In the case of MENA, the theoretical & socio-technical exclusion of women’s knowledge is exacerbated by their underrepresentation in the technology work force. For example, women represent 38 percent of individuals in the workforce in Egypt, even though they represent 52 percent of students in STEM related fields. This is due to women finding it difficult to transfer their degrees into employment resulting from gender discrimination. Structural challenges facing women in STEM thus include STEM education carrying over to the workforce, socio-cultural norms and gendered labor, internet penetration, the digital divide and financial exclusion. Both these analogue and digital inequalities are intertwined and can be aggravated by AI technologies if not addressed.

The MENA region also has a significant digital gap with low ICT and internet access, some of the highest internet prices in the world and limitations on what websites one may access. The region also lacks the adequate infrastructure, which has delayed its development. All these factors impact women. While there are high level plans to address these issues and invest in AI for smart cities, pensions, healthcare and more in the region, there are not enough women or youth present at the table. There is a huge disconnect between the different stakeholders that could play a role in bringing about change, such as those working in feminist spaces, those working in tech, and stakeholders involved in decision and policy making. Not enough major stakeholders are looking at AI with a feminist lens. It is necessary to bring all groups together to share knowledge and have discussions on ways to create a more inclusive future.

If we want AI systems to approximate general human intelligence, then we have to acknowledge that we are not only embodied beings; we are also gender relational beings. This means for AI systems to fully imitate the human brain in all its possibilities, female epistemology must be included within the algorithms. To avoid the exacerbation of historical biases through AI, teams developing these solutions need to be more diverse and inclusive of minority groups, including women and people of color, in order to take into account and prevent human biases from impacting the technology.

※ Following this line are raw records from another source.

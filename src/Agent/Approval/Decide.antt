-- ===== src/Agent/Approval/Decide.antt =====
-- `approve`, `reject` and `expire_approval` of `ApprovalMutationGuard`
-- (app/services/agent_approval_service.py). `now` is the clock, `fresh` a new queue id. The lock
-- wait times, which are only logged, are left out.
use test_platform_backend.Prelude.{
  ℕ, Bool, true, false, ◌||◌, not, Option, none, some, ◌==◌, same_opt, leb, if◌then◌else◌,
  or_default,
}
use test_platform_backend.Session.{
  ErrorCode, HttpException, Result, ok, err, http, not_found, conflict, Exec, commit, modify, pure,
  raise, catch, branch, case_some, lift, some_or, gets, ◌>>=◌, ◌>>◌, approval_stale_or_superseded,
  approval_epoch_conflict, approval_input_changed, approval_expired, approval_rejected,
  tool_call_not_approvable,
}
use test_platform_backend.Permission.{User, Access, require_project_access}
use test_platform_backend.Agent.Model.{
  AgentToolCall, AgentApproval, AgentApprovalLineage, ApprovalStatus, CallStatus, EventType,
  Mutation,
}
use test_platform_backend.Agent.Events.{Journal}
use test_platform_backend.Agent.Policy.{require_permissions}
use test_platform_backend.Agent.Approval.Desk.{
  Desk, ApprovalDecision, log_event, add_mutation, block_queue, released_call, released_queue,
  latest_item,
}

-- What `_lock_context` returns.
pub record Locked : Type 0 where
  pub lineage : AgentApprovalLineage
  pub call : AgentToolCall
  pub approval : AgentApproval
  pub journal : Journal

abbrev stale : HttpException
stale = http conflict (some approval_stale_or_superseded)

-- `_record_decision_conflict`: without a run it writes nothing, and does not commit.
unfoldable pub record_decision_conflict : EventType → AgentToolCall → ErrorCode → Exec Desk Unit
unfolding log_event
record_decision_conflict kind c code = do
  journal ← gets (λ d. d.journal)
  case_some journal (pure tt)
      (λ _. do modify (log_event kind (some c.tool_call_id) (some code)); commit)

-- A conflict that `_lock_context` finds is recorded, and raised.
unfoldable pub conflict_found : EventType → AgentToolCall → ErrorCode → Exec Desk Locked
unfolding record_decision_conflict
conflict_found kind c code = do
  record_decision_conflict kind c code
  raise (http conflict (some code))

-- The comparisons of the call with the lineage, and of the epochs.
abbrev pub detached : AgentApprovalLineage → AgentToolCall → Bool
detached l c =
    not (same_opt c.approval_lineage_id (some l.approval_lineage_id))
    || not (l.tool_call_id == c.tool_call_id)

abbrev pub other_epoch : ApprovalDecision → AgentApprovalLineage → AgentToolCall → Bool
other_epoch p l c =
    not (p.approval_epoch == l.current_epoch) || not (p.approval_epoch == c.approval_epoch)

unfoldable pub lock_context : EventType → ApprovalDecision → Exec Desk Locked
unfolding conflict_found
lock_context kind p = do
  lineage ← gets (λ d. d.lineage)
  l ← some_or lineage (http not_found none)
  call ← gets (λ d. d.call)
  c ← some_or call (http not_found none)
  branch (detached l c) (conflict_found kind c approval_stale_or_superseded) (
      branch (other_epoch p l c) (conflict_found kind c approval_epoch_conflict) (do
        approval ← gets (λ d. d.approval)
        a ← some_or approval (http not_found none)
        journal ← gets (λ d. d.journal)
        j ← some_or journal (http not_found none)
        pure (record { lineage = l; call = c; approval = a; journal = j })))

abbrev pub is_pending : ApprovalStatus → Bool
is_pending ApprovalStatus.pending = true
is_pending _ = false

-- `_validate_pending_immutable`
unfoldable pub validate_pending_immutable : AgentApproval → ApprovalDecision → Result Unit
validate_pending_immutable a p =
    if not (is_pending a.approval_status)
    then err stale
    else if not (a.input_hash == p.input_hash)
    then err (http conflict (some approval_input_changed))
    else if not (a.runtime_snapshot_id == p.runtime_snapshot_id)
        || not (a.resource_scope_hash == p.resource_scope_hash)
        || not (a.approval_lineage_id == p.approval_lineage_id)
        || not (a.approval_epoch == p.approval_epoch)
    then err stale
    else ok tt

-- `expires_at is not None and expires_at <= now`
abbrev pub is_due : Option ℕ → ℕ → Bool
is_due none now = false
is_due (some t) now = leb t now

-- The rows that `_mark_expired_locked` writes.
abbrev pub expired_approval : AgentApproval → ℕ → AgentApproval
expired_approval a now = record a {
  approval_status = ApprovalStatus.expired;
  decided_at = some now;
}

abbrev pub expired_lineage : AgentApprovalLineage → ℕ → AgentApprovalLineage
expired_lineage l now = record l { status = ApprovalStatus.expired; updated_at = now }

abbrev pub expired_call : AgentToolCall → AgentToolCall
expired_call c = record c {
  status = CallStatus.manual_intervention;
  error_code = some approval_expired;
}

unfoldable pub mark_expired_locked :
    AgentApproval → AgentApprovalLineage → AgentToolCall → ℕ → Desk → Desk
unfolding add_mutation log_event block_queue
mark_expired_locked a l c now d =
    if not (is_pending a.approval_status)
    then d
    else let d₁ = record d {
      approval = some (expired_approval a now);
      lineage = some (expired_lineage l now);
      call = some (expired_call c);
      queue = block_queue c.tool_call_id approval_expired d.queue;
    } in
      let d₂ =
        add_mutation a l.approval_lineage_id Mutation.expire (some a.approval_status)
          ApprovalStatus.expired none (some "approval_expired") d₁ in
      log_event EventType.approval_expired (some c.tool_call_id) none d₂

-- `_expire_if_needed`
unfoldable pub expire_if_needed :
    AgentApproval → AgentApprovalLineage → AgentToolCall → ℕ → Exec Desk Unit
unfolding mark_expired_locked
expire_if_needed a l c now =
    branch (is_due a.expires_at now) (do modify (mark_expired_locked a l c now); raise stale)
      (pure tt)

-- APPROVABLE_TOOL_CALL_STATUSES
abbrev pub is_approvable : CallStatus → Bool
is_approvable CallStatus.planned = true
is_approvable CallStatus.pending_approval = true
is_approvable _ = false

unfoldable pub validate_call_approvable : AgentToolCall → Result Unit
validate_call_approvable c =
    if is_approvable c.status then ok tt else err (http conflict (some tool_call_not_approvable))

-- The checks that `approve` and `reject` make on the locked rows, with their `except` clause.
unfoldable pub validate_decision :
    EventType → User → Access → ApprovalDecision → ℕ → Locked → Exec Desk Unit
unfolding validate_pending_immutable expire_if_needed validate_call_approvable
    record_decision_conflict
validate_decision kind u access p now k = do
  lift (require_project_access u access)
  lift (require_permissions u access k.approval.required_permissions)
  catch
      (do
        lift (validate_pending_immutable k.approval p)
        expire_if_needed k.approval k.lineage k.call now
        lift (validate_call_approvable k.call))
      (λ e. do
        record_decision_conflict kind k.call (or_default e.code approval_stale_or_superseded)
        raise e)

-- The rows that `approve` writes.
unfoldable pub approved_call : User → ℕ → AgentApproval → AgentToolCall → AgentToolCall
approved_call u now a c = record c {
  approved_approval_id = some a.approval_id;
  approved_by = some u.id;
  approved_at = some now;
  approval_epoch = a.approval_epoch;
  error_code = none;
  error_message = none;
}

abbrev pub decided : ApprovalStatus → User → ApprovalDecision → ℕ → AgentApproval → AgentApproval
decided status u p now a = record a {
  approval_status = status;
  decided_by = some u.id;
  decided_at = some now;
  decision_reason = p.reason;
}

unfoldable pub approve_rows : User → ApprovalDecision → ℕ → ℕ → Locked → Desk → Desk
unfolding approved_call add_mutation log_event released_call released_queue
approve_rows u p now fresh k d =
    let c = approved_call u now k.approval k.call in
    let latest = latest_item c d.queue in
    let d₁ = record d {
      approval = some (decided ApprovalStatus.approved u p now k.approval);
      lineage = some (record (k.lineage) { status = ApprovalStatus.approved; updated_at = now });
      call = some (released_call latest c);
      queue = released_queue latest c fresh now d.queue;
    } in
    let d₂ =
      add_mutation k.approval k.lineage.approval_lineage_id Mutation.approve
        (some k.approval.approval_status) ApprovalStatus.approved (some u.id) p.reason d₁ in
    log_event EventType.approval_approved (some c.tool_call_id) none d₂

unfoldable pub approve : User → Access → ApprovalDecision → ℕ → ℕ → Exec Desk Unit
approve u access p now fresh = do
  k ← lock_context EventType.approval_approve_conflict p
  validate_decision EventType.approval_approve_conflict u access p now k
  modify (approve_rows u p now fresh k)
  commit

-- The rows that `reject` writes.
abbrev pub rejected_call : ApprovalDecision → AgentToolCall → AgentToolCall
rejected_call p c = record c {
  status = CallStatus.manual_intervention;
  error_code = some approval_rejected;
  error_message = some (or_default p.reason "Approval rejected");
}

unfoldable pub reject_rows : User → ApprovalDecision → ℕ → Locked → Desk → Desk
unfolding add_mutation log_event block_queue
reject_rows u p now k d =
    let d₁ = record d {
      approval = some (decided ApprovalStatus.rejected u p now k.approval);
      lineage = some (record (k.lineage) { status = ApprovalStatus.rejected; updated_at = now });
      call = some (rejected_call p k.call);
      queue = block_queue k.call.tool_call_id approval_rejected d.queue;
    } in
    let d₂ =
      add_mutation k.approval k.lineage.approval_lineage_id Mutation.reject
        (some k.approval.approval_status) ApprovalStatus.rejected (some u.id) p.reason d₁ in
    log_event EventType.approval_rejected (some k.call.tool_call_id) none d₂

unfoldable pub reject : User → Access → ApprovalDecision → ℕ → Exec Desk Unit
reject u access p now = do
  k ← lock_context EventType.approval_reject_conflict p
  validate_decision EventType.approval_reject_conflict u access p now k
  modify (reject_rows u p now k)
  commit

-- `expire_approval`, where `d.approval` is the approval asked for: the rows after it.
unfoldable pub expire_approval : ℕ → Exec Desk Unit
expire_approval now = do
  d ← gets (λ d. d)
  case_some d.approval (pure tt) (λ a. branch (not (is_pending a.approval_status)) (pure tt) (
      branch (not (is_due a.expires_at now)) (pure tt) (
        case_some d.lineage (pure tt) (λ l. case_some d.call (pure tt) (λ c.
          case_some d.journal (pure tt)
            (λ _. do modify (mark_expired_locked a l c now); commit))))))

Nevertheless, there are signs of progress towards the inclusion of female epistemology in the MENA region, with the increase in female-led tech startups with a focus on FemTech. There have also been initiatives across the region attempting to correct for data biases by updating datasets and addressing female underrepresentation, offering AI-curated tech training programs for women, and campaigns incentivizing quality investments in female-led startups.  

Impactful and context-specific research that is also led by women in the area of feminist AI is also emerging in the region. In Egypt, MENA Feminist AI researcher Marwa Soudi and her team are designing an “Explainable AI Based Tutoring System” based on Human-Centered Artificial Intelligence (HCAI) approaches to reduce dropout rates for girls in Egyptian community schools. The book ‘Arabic Glitch’ by Feminist AI researcher Laila Shereen Sakr, “explores the concept of the glitch within the context of posthuman techno-feminist theory and practice and the implications of the interplay between technology and society.” Moreover, Raya Sharbain, from Jordan, advocates for digital self-defense to support sexual rights and reproductive justice movements amidst growing crackdowns and threats.

Given the nascent nature of research on the topic regionally and the many questions that persist regarding the expected trajectory of AI with regards to women’s inclusion in MENA, it became apparent that there is a need for further solutions based on empirical research and awareness raising around societal and ethical issues of AI. As such, A2K4D continues to deepen outreach and develop a MENA wide network of institutions and individuals that come together and share insights about women’s inclusion in the digital economy against increasing social inequalities in the region. Specifically, to correct biases, inequalities and implications of representation (or lack thereof) of women in data and in algorithm. Our aim is to support the efforts of women and men working on transformational solutions, shaping technology and coding for more inclusive policy making as new technologies continue to permeate all aspects of our daily lives.